2023-10-18T14:35:42.363Z [CURL DBG] > x-amz-content-sha256: e3b0c44298fc1c149afbf4c8996fb92427ae41e4649b934ca495991b7852b855
2023-10-18T14:35:42.363Z [CURL DBG] > x-amz-date: 20231018T143541Z
2023-10-18T14:35:42.363Z [CURL DBG] > x-amz-server-side-encryption-customer-algorithm: AES256
2023-10-18T14:35:42.363Z [CURL DBG] > x-amz-server-side-encryption-customer-key: dmdYRXVibEc3SkpraGZSU1pUMVplM2xlZlkyZDdqM2k=
2023-10-18T14:35:42.363Z [CURL DBG] > x-amz-server-side-encryption-customer-key-md5: 5hY9TS21HM2qJz6bFpDkgg==
2023-10-18T14:35:42.363Z [CURL DBG] >
2023-10-18T14:35:42.478Z [CURL DBG] * TLSv1.2 (IN), TLS header, Supplemental data (23):
2023-10-18T14:35:42.478Z [CURL DBG] * Mark bundle as not supporting multiuse
2023-10-18T14:35:42.478Z [CURL DBG] < HTTP/1.1 404 Not Found
2023-10-18T14:35:42.478Z [CURL DBG] < x-amz-request-id: GAWNE0Z9CZHHJM7K
2023-10-18T14:35:42.478Z [CURL DBG] < x-amz-id-2: 69CRu9zdCoqb958dahFGx4pNIU7mGGPsNPEvDgV13StKV1gRjEbmuK7GzzEORNcAeKvbIlbG5Nc=
2023-10-18T14:35:42.478Z [CURL DBG] < Content-Type: application/xml
2023-10-18T14:35:42.478Z [CURL DBG] < Date: Wed, 18 Oct 2023 14:35:41 GMT
2023-10-18T14:35:42.479Z [CURL DBG] < Server: AmazonS3
2023-10-18T14:35:42.479Z [CURL DBG] <
2023-10-18T14:35:42.479Z [INF] curl.cpp:RequestPerform(2540): HTTP response code 404 was returned, returning ENOENT
I tested the same workflow without using the mount prefix and everything worked just fine.
Additional Information
Version of s3fs being used (s3fs --version
)
V1.93 2871975
Version of fuse being used (pkg-config --modversion fuse
, rpm -qi fuse
or dpkg -s fuse
)
6.9.9-5ubuntu3
Kernel information (uname -r
)
7.15.0-1037-aws (running in Docker container in Ubuntu image)

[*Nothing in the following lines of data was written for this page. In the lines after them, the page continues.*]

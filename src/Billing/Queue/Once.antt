-- ===== src/Billing/Queue/Once.antt =====
-- internal/services/billing: a job that is delivered again, after whatever has happened since it was
-- recorded.
use orbit_api.Common.Branches.{result_either, option_either}
use orbit_api.Common.{
  Bool, ◌∷◌, List, get_elem?, Bool-cases, Option-cases, ℕ, ◌≡◌, sym, ap, ◌∙◌, ◌⊎◌, inl, inr, some,
  [], arith,
}
use orbit_api.Common.Result.{Result, Result-cases, ok}
use orbit_api.Common.Str.{is_empty, Str}
use orbit_api.Common.Table.{lookup}
use orbit_api.Common.Int.{ℤ}
use orbit_api.Store.Tx.{Error, transact-eq-ok, transact_kept, Link}
use orbit_api.Store.{pricing_key, hold_key, CreditHold, Db}
use orbit_api.Billing.Queue.{
  decode_job, receiving, redriving, enqueuing, calling, Delivery, Event, Shared, consume_job,
  enqueue, JobCodec, consume, consume_all, step, step_all,
}
use orbit_api.Billing.History.Stays.{Stays-trans, Stays-refl, same-Stays, Stays}
use orbit_api.Billing.History.Stays.Performed.{perform-Stays, record_usage-Stays}
use orbit_api.Billing.Ledger.Once.{record-IsRecorded, record-again}
use orbit_api.Billing.Ledger.{record_tx, record_usage, usage_key, RecordParams}
use orbit_api.Billing.Processor.{
  params_of, Job, get_by_catalogue_id, load_pricing, process_job, vendor_amount,
}
use orbit_api.Billing.Ledger.Retry.{IsRecorded, IsShut}
use orbit_api.Billing.Holds.{SettleResult}

-- The hold of a job is in its table, or the job has none.
abbrev pub HasHold : Str → Db → Type 0
HasHold hold_id d = (hold_id ≡ []) ⊎ ((h : CreditHold) × (lookup hold_key hold_id d.holds ≡ some h))

pub Stays-HasHold :
    {hold_id : Str} {d d' : Db} → Stays d d' → HasHold hold_id d → HasHold hold_id d'
Stays-HasHold stay (inl blank) = inl blank
Stays-HasHold {hold_id} stay (inr (h, found)) =
    let (h', found', shut) = stay.holds_stay hold_id h found in inr (h', found')

IsShut-Stays :
    {hold_id : Str} {d d' : Db}
    → Stays d d'
    → HasHold hold_id d
    → IsShut hold_id d
    → IsShut hold_id d'
IsShut-Stays stay has (inl blank) = inl blank
IsShut-Stays stay (inl blank) (inr (inl missing)) = inl blank
IsShut-Stays stay (inr (h, found)) (inr (inl missing)) = absurd (cc (found, missing))
IsShut-Stays {hold_id} stay has (inr (inr (h, found, shut))) =
    let (h', found', shut') = stay.holds_stay hold_id h found in inr (inr (h', found', shut' shut))

-- What was recorded stays so.
pub IsRecorded-Stays :
    {p : RecordParams} {d d' : Db}
    → Stays d d'
    → HasHold p.hold_id d
    → IsRecorded p d
    → IsRecorded p d'
IsRecorded-Stays {p} stay has done = record {
  request = done.request;
  requested = stay.requests_stay p.idempotency_key done.request done.requested;
  entered = λ c. stay.entries_stay (usage_key p.idempotency_key) (done.entered c);
  shut = IsShut-Stays stay has done.shut;
}

-- The price of a job is the same in every database with the same prices, if it is answered.
pub vendor_amount-same :
    (link link' : Link) (j : Job) (d d' : Db) {a a' : ℤ}
    → d'.pricing ≡ d.pricing
    → vendor_amount link j d ≡ ok a
    → vendor_amount link' j d' ≡ ok a'
    → a' ≡ a
unfolding vendor_amount load_pricing get_by_catalogue_id
vendor_amount-same link link' j d d' same e e' =
    let rows = ap (lookup pricing_key j.model_catalogue_id) same in
    elim (Option-cases (lookup pricing_key j.model_catalogue_id d.pricing)) [
      | inl missing ↦ ground (arith, rows, missing)
      | inr (price, found) ↦ ground (arith, rows, found)
    ]

-- Process, in its two parts.
pub process_job-ok :
    (link : Link) (now : ℕ) (request_id : Str) (j : Job) (d : Db) {x : Unit {0}} {d' : Db}
    → process_job link now request_id j d ≡ (ok x, d')
    → (a : ℤ) × (vendor_amount link j d ≡ ok a)
      × (s : SettleResult) × (record_usage link now request_id (params_of j a) d ≡ (ok s, d'))
unfolding process_job
process_job-ok link now request_id j d {x} {d'} e = elim (Result-cases (vendor_amount link j d)) [
  | inr (y, failed) ↦ ground arith
  | inl (a, cost) ↦
      let recorded = record_usage link now request_id (params_of j a) d in
      elim (Result-cases recorded.0) [
        | inr (y, failed) ↦ ground (arith, cost, failed)
        | inl (s, went) ↦ (a, cost, s, ground (arith, cost, went))
      ]
]

-- The database that Process leaves is the one it found, or that of a call of Record.
pub process_job-db :
    (link : Link) (now : ℕ) (request_id : Str) (j : Job) (d : Db)
    → ((process_job link now request_id j d).1 ≡ d)
      ⊎ ((a : ℤ) × (vendor_amount link j d ≡ ok a)
          × ((process_job link now request_id j d).1
              ≡ (record_usage link now request_id (params_of j a) d).1))
unfolding process_job
process_job-db link now request_id j d = elim (Result-cases (vendor_amount link j d)) [
  | inr (y, failed) ↦ inl (ground (arith, failed))
  | inl (a, cost) ↦ elim (Bool-cases (is_empty j.idempotency_key)) [
    | inl blank ↦ inl (ground (arith, blank))
    | inr named ↦ inr (a, cost, ground (arith, cost, named))
  ]
]

pub process_job-Stays :
    (link : Link) (now : ℕ) (request_id : Str) (j : Job) (d : Db)
    → Stays d (process_job link now request_id j d).1
process_job-Stays link now request_id j d = elim (process_job-db link now request_id j d) [
  | inl same ↦ same-Stays same
  | inr (a, cost, recorded) ↦ rw recorded (record_usage-Stays link now request_id (params_of j a) d)
]

-- What Process leaves behind when it goes through.
pub process_job-IsRecorded :
    (link : Link) (now : ℕ) (request_id : Str) (j : Job) (d : Db) {x : Unit {0}} {d' : Db}
    → process_job link now request_id j d ≡ (ok x, d')
    → (a : ℤ) × (vendor_amount link j d ≡ ok a) × IsRecorded (params_of j a) d'
unfolding record_usage
process_job-IsRecorded link now request_id j d e =
    let (a, cost, s, recorded) = process_job-ok link now request_id j d e in
    let went = transact-eq-ok link (record_tx link now request_id (params_of j a)) d recorded in
    (a, cost, record-IsRecorded link now request_id (params_of j a) d {s = s} went)

-- A job that is recorded is not recorded again.
process_job-again :
    (link link' : Link) (now : ℕ) (request_id : Str) (j : Job) (d d' : Db) {a : ℤ}
    → vendor_amount link j d ≡ ok a
    → d'.pricing ≡ d.pricing
    → IsRecorded (params_of j a) d'
    → (process_job link' now request_id j d').1 ≡ d'
unfolding record_usage
process_job-again link link' now request_id j d d' {a} cost prices recorded =
    elim (process_job-db link' now request_id j d') [
      | inl same ↦ same
      | inr (a', cost', went) ↦
          let one : a' ≡ a = vendor_amount-same link link' j d d' prices cost cost' in
          let still : IsRecorded (params_of j a') d' = rw one recorded in
          went
          ∙ transact_kept link' (record_tx link' now request_id (params_of j a')) d' (λ s d'' again.
            record-again link' now request_id (params_of j a') d' {s = s} still again)
    ]

pub consume-Stays :
    (codec : JobCodec) (v : Delivery) (s : Shared) → Stays s.db (consume codec v s).db
unfolding consume consume_job
consume-Stays codec v s =
    option_either (λ (x : Shared). Stays s.db x.db) (get_elem? s.queue v.message) (Stays-refl s.db)
      λ m.
        result_either (λ (x : Shared). Stays s.db x.db) (decode_job codec m.body)
          (λ j.
            result_either (λ (x : Shared). Stays s.db x.db)
              (process_job v.link v.now v.request_id j s.db).0
              (λ u. process_job-Stays v.link v.now v.request_id j s.db)
              (λ e. process_job-Stays v.link v.now v.request_id j s.db))
          (λ e. Stays-refl s.db)

consume_all-Stays :
    (codec : JobCodec) (vs : List Delivery) (s : Shared) → Stays s.db (consume_all codec vs s).db
unfolding consume_all
consume_all-Stays codec [] s = Stays-refl s.db
consume_all-Stays codec (v ∷ vs) s =
    Stays-trans (consume-Stays codec v s) (consume_all-Stays codec vs (consume codec v s))

pub enqueue-Stays :
    (codec : JobCodec) (link : Link) (now : ℕ) (request_id : Str) (sent : Bool) (j : Job)
    (s : Shared)
    → Stays s.db (enqueue codec link now request_id sent j s).db
unfolding enqueue
enqueue-Stays codec link now request_id sent j s =
    result_either (λ (x : Shared). Stays s.db x.db) (process_job link now request_id j s.db).0
      (λ u. process_job-Stays link now request_id j s.db)
      (λ e. process_job-Stays link now request_id j s.db)

pub step-Stays : (codec : JobCodec) (e : Event) (s : Shared) → Stays s.db (step codec e s).db
unfolding step
step-Stays codec (calling link op) s = perform-Stays link op s.db
step-Stays codec (enqueuing link now request_id sent j) s =
    enqueue-Stays codec link now request_id sent j s
step-Stays codec (receiving vs) s = consume_all-Stays codec vs s
step-Stays codec (redriving n) s = Stays-refl s.db

pub step_all-Stays :
    (codec : JobCodec) (es : List Event) (s : Shared) → Stays s.db (step_all codec es s).db
unfolding step_all
step_all-Stays codec [] s = Stays-refl s.db
step_all-Stays codec (e ∷ es) s =
    Stays-trans (step-Stays codec e s) (step_all-Stays codec es (step codec e s))

-- A job is charged once under deliveries at least once: after it was recorded, whatever calls,
-- requests and deliveries of any job have come since, recording it again leaves the whole database
-- as it is, at any time and whatever the database fails to answer. (When it was recorded first, its
-- hold was in the table, or it had none.)
pub process_job_once :
    (codec : JobCodec) (link link' : Link) (now now' : ℕ) (request_id request_id' : Str) (j : Job)
    (d : Db) (s : Shared) (es : List Event)
    → HasHold j.hold_id d
    → process_job link now request_id j d ≡ (ok tt, s.db)
    → (process_job link' now' request_id' j (step_all codec es s).db).1 ≡ (step_all codec es s).db
process_job_once codec link link' now now' request_id request_id' j d s es held went =
    let (a, cost, recorded) = process_job-IsRecorded link now request_id j d went in
    let before : Stays d s.db =
      rw (ap (λ (r : Result Error (Unit {0}) × Db). r.1) (sym went))
        (process_job-Stays link now request_id j d) in
    let since = step_all-Stays codec es s in
    process_job-again link link' now' request_id' j d (step_all codec es s).db cost
      (since.prices_same ∙ before.prices_same)
      (IsRecorded-Stays since (Stays-HasHold before held) recorded)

GNU/Linux Distribution, if applicable (cat /etc/os-release
)
How to run s3fs, if applicable
[x] command line
[] /etc/fstab
I have prepared an extremely naive fix (which likely breaks many other things).
Having debugged this for some time, I believe that the problem is that that retry instance of S3fsCurl
takes the s3fscurl->GetPath()
from the previous instance, but the path
in the previous instance already has the mount_prefix
prepended by get_realpath()
.
@jstastny
I looked into this bug you detected.
Your fix was mostly correct, but it was needed a little more modification.
So, I created a PR as #2406 to fix this.
I have manually checked the HEAD request retries and confirmed that it works, but I would appreciate it if you could confirm this if possible.
@ggtakec -- thanks a lot for looking into this.
@chudyandrej -- could you test #2406 in Deepnote?